◆ Activity
Make an exact copy of the lines from the one holding "unfoldable pub get_unused_module_keys" through the last line of the material, and output nothing else.

-=-=-

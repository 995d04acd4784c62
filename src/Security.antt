-- ===== src/Security.antt =====
-- src/contracts/security/security.service.ts and src/contracts/lido/lido.service.ts.
pub mod Guardians
pub mod Signatures
use lidofinance_lido_council.Shared.{
  ℕ, suc, ◌+◌, String, Option, none, some, Bool, true, false, not, List, [], ◌∷◌, ◌++◌, str_eq,
  if◌then◌else◌,
}
use lidofinance_lido_council.Shared.Int.{ℤ, pos, negsuc}
use lidofinance_lido_council.Outcome.{
  Failure, Outcome, ok, throw, exit, pending, Exec, pure, lift, gets, modify, ◌>>=◌, ◌>>◌,
  try_catch, within,
}
use lidofinance_lido_council.Contracts.{BlockTag, Address, Signature, Contracts}
use lidofinance_lido_council.Repository.{
  Repository, RepositoryEnv, get_cached_dsm_contract, get_cached_lido_contract,
  get_cached_staking_router_contract, get_attest_message_prefix, get_pause_message_prefix,
}
use lidofinance_lido_council.Wallet.{Wallet}
use lidofinance_lido_council.Wallet

pub record SecurityEnv : Type 0 where
  pub repository : RepositoryEnv
  pub wallet : Wallet

-- `guardians.indexOf(address)`
abbrev shift : ℤ → ℤ
shift (pos n) = pos (n + 1)
shift (negsuc n) = negsuc n

unfoldable pub index_of : List String → String → ℤ
index_of [] address = negsuc 0
index_of (guardian ∷ guardians) address =
    let rest = shift (index_of guardians address) in if str_eq guardian address then pos 0 else rest

module _ (env : SecurityEnv) where
  unfoldable get_max_deposits : BlockTag → Exec Repository ℕ
  get_max_deposits tag = do
    contract ← get_cached_dsm_contract
    lift (env.repository.contracts.get_max_deposits contract tag)

  unfoldable pub get_guardians : BlockTag → Exec Repository (List Address)
  get_guardians tag = do
    contract ← get_cached_dsm_contract
    lift (env.repository.contracts.get_guardians contract tag)

  unfoldable pub get_guardian_index : BlockTag → Exec Repository ℤ
  unfolding get_guardians
  get_guardian_index tag = do
    guardians ← get_guardians tag
    pure (index_of guardians env.wallet.address)

  -- The index decides only which line is logged.
  pub initialize : BlockTag → Exec Repository (Unit {0})
  unfolding get_guardian_index
  initialize tag = do get_guardian_index tag; pure tt

  unfoldable pub get_guardian_address : String
  get_guardian_address = env.wallet.address

  unfoldable pub sign_deposit_data : String → ℕ → ℕ → String → ℕ → Exec Repository Signature
  sign_deposit_data deposit_root keys_op_index block_number block_hash staking_module_id = do
    prefix ← get_attest_message_prefix env.repository
    pure (
        Wallet.sign_deposit_data env.wallet (record {
          prefix = prefix;
          block_number = block_number;
          block_hash = block_hash;
          deposit_root = deposit_root;
          keys_op_index = keys_op_index;
          staking_module_id = staking_module_id;
        }))

  unfoldable pub sign_pause_data : ℕ → ℕ → Exec Repository Signature
  sign_pause_data block_number staking_module_id = do
    prefix ← get_pause_message_prefix env.repository
    pure (
        Wallet.sign_pause_data env.wallet (record {
          prefix = prefix;
          block_number = block_number;
          staking_module_id = staking_module_id;
        }))

  pub is_deposits_paused : ℕ → BlockTag → Exec Repository Bool
  is_deposits_paused staking_module_id tag = do
    staking_router_contract ← get_cached_staking_router_contract
    is_active ← lift (
        env.repository.contracts.get_staking_module_is_active staking_router_contract
          staking_module_id tag)
    pure (not is_active)

  -- lido.service.ts
  unfoldable pub get_withdrawal_credentials : BlockTag → Exec Repository String
  get_withdrawal_credentials tag = do
    contract ← get_cached_lido_contract
    lift (env.repository.contracts.get_withdrawal_credentials contract tag)

-- A call of the contract's `pauseDeposits`: the contract, the block, the module and the signature.
pub record PauseTransaction : Type 0 where
  pub contract : Address
  pub block_number : ℕ
  pub staking_module_id : ℕ
  pub signature : Signature

-- `pauseDeposits` is called without waiting for it. Its call begins in `pause_deposits`: under the
-- decorator's flag it counts the attempt and sends the transaction. It ends, in success or failure,
-- in `pause_settled`, at any later time.
pub record Pausing : Type 0 where
  pub is_executing : Bool
  pub pause_attempts : ℕ
  pub transactions : List PauseTransaction

abbrev pub send_pause : ℕ → ℕ → Signature → Pausing → Outcome Address → Pausing
send_pause block_number staking_module_id signature p (ok contract) = record p {
  is_executing = true;
  pause_attempts = p.pause_attempts + 1;
  transactions =
      p.transactions
      ++ record {
        contract = contract;
        block_number = block_number;
        staking_module_id = staking_module_id;
        signature = signature;
      }
        ∷ [];
}
send_pause _ _ _ p _ = record p { pause_attempts = p.pause_attempts + 1 }

unfoldable pub pause_deposits : Repository → ℕ → ℕ → Signature → Pausing → Pausing
pause_deposits repository block_number staking_module_id signature p =
    if p.is_executing
    then p
    else send_pause block_number staking_module_id signature p
        (get_cached_dsm_contract repository).0

unfoldable pub pause_settled : Pausing → Pausing
pause_settled p = record p { is_executing = false }
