-- ===== src/KeysApi.antt =====
-- src/keys-api/: the keys service, asked over HTTP. `fetchJson` of @lido-nestjs/fetch, with the abort
-- after 30 seconds, is outside the daemon: it answers a URL with a reply, or rejects.
use lidofinance_lido_council.Shared.{ℕ, String, Option, some, Bool, List, ◌∷◌}
use lidofinance_lido_council.Shared.Text.{join, decimal}
use lidofinance_lido_council.Outcome.{new_error, Outcome, ok, throw, bind}

pub record ElBlockSnapshot : Type 0 where
  pub block_number : ℕ
  pub block_hash : String
  pub timestamp : ℕ

pub record RegistryKey : Type 0 where
  pub key : String
  pub deposit_signature : String
  pub operator_index : ℕ
  pub used : Bool
  pub index : ℕ

pub record SrModule : Type 0 where
  pub nonce : ℕ
  pub kind : String
  pub id : ℕ
  pub staking_module_address : String
  pub module_fee : ℕ
  pub treasury_fee : ℕ
  pub target_share : ℕ
  pub status : ℕ
  pub name : String
  pub last_deposit_at : ℕ
  pub last_deposit_block : ℕ

pub record SrKeyListWithModule : Type 0 where
  pub keys : List RegistryKey
  pub sr_module : SrModule

pub record SrModuleKeysResponse : Type 0 where
  pub content : SrKeyListWithModule
  pub meta : ElBlockSnapshot

pub record SrModuleListResponse : Type 0 where
  pub content : List SrModule
  pub el_block_snapshot : ElBlockSnapshot

-- A reply may lack the fields that the type of the response promises.
pub record ListReply : Type 0 where
  pub content : Option (List SrModule)
  pub el_block_snapshot : Option ElBlockSnapshot

pub record KeysReply : Type 0 where
  pub content : Option SrKeyListWithModule
  pub meta : Option ElBlockSnapshot

pub record KeysApi : Type 0 where
  pub keys_api_host : String
  pub keys_api_port : ℕ
  pub fetch_list : String → Outcome ListReply
  pub fetch_keys : String → Outcome KeysReply

abbrev not_synced : {A : Type 0} → Outcome A
not_synced = throw (new_error "Keys API not synced, please wait")

-- `!result.data?.length || !result.elBlockSnapshot`
unfoldable pub checked_list :
    Option (List SrModule) → Option ElBlockSnapshot → Outcome SrModuleListResponse
checked_list (some (m ∷ ms)) (some snapshot) =
    ok (record { content = m ∷ ms; el_block_snapshot = snapshot })
checked_list _ _ = not_synced

-- `!result.data || !result.meta`
unfoldable pub checked_keys :
    Option SrKeyListWithModule → Option ElBlockSnapshot → Outcome SrModuleKeysResponse
checked_keys (some content) (some meta) = ok (record { content = content; meta = meta })
checked_keys _ _ = not_synced

module _ (api : KeysApi) where
  -- `${KEYS_API_HOST}:${KEYS_API_PORT}${url}`
  url_of : String → String
  url_of url = join api.keys_api_host (join ":" (join (decimal api.keys_api_port) url))

  unfoldable pub get_modules_list : Outcome SrModuleListResponse
  unfolding url_of checked_list
  get_modules_list =
      bind (api.fetch_list (url_of "/v1/modules"))
        λ result. checked_list result.content result.el_block_snapshot

  unfoldable pub get_unused_module_keys : ℕ → Outcome SrModuleKeysResponse
  unfolding url_of checked_keys
  get_unused_module_keys staking_module_id =
      bind
        (api.fetch_keys
          (url_of (join "/v1/modules/" (join (decimal staking_module_id) "/keys?used=false"))))
        λ result. checked_keys result.content result.meta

-=-=-

◆ Reply
  unfoldable pub get_unused_module_keys : ℕ → Outcome SrModuleKeysResponse
  unfolding url_of checked_keys
  get_unused_module_keys staking_module_id =
      bind
        (api.fetch_keys
          (url_of (join "/v1/modules/" (join (decimal staking_module_id) "/keys?used=false"))))
        λ result. checked_keys result.content result.meta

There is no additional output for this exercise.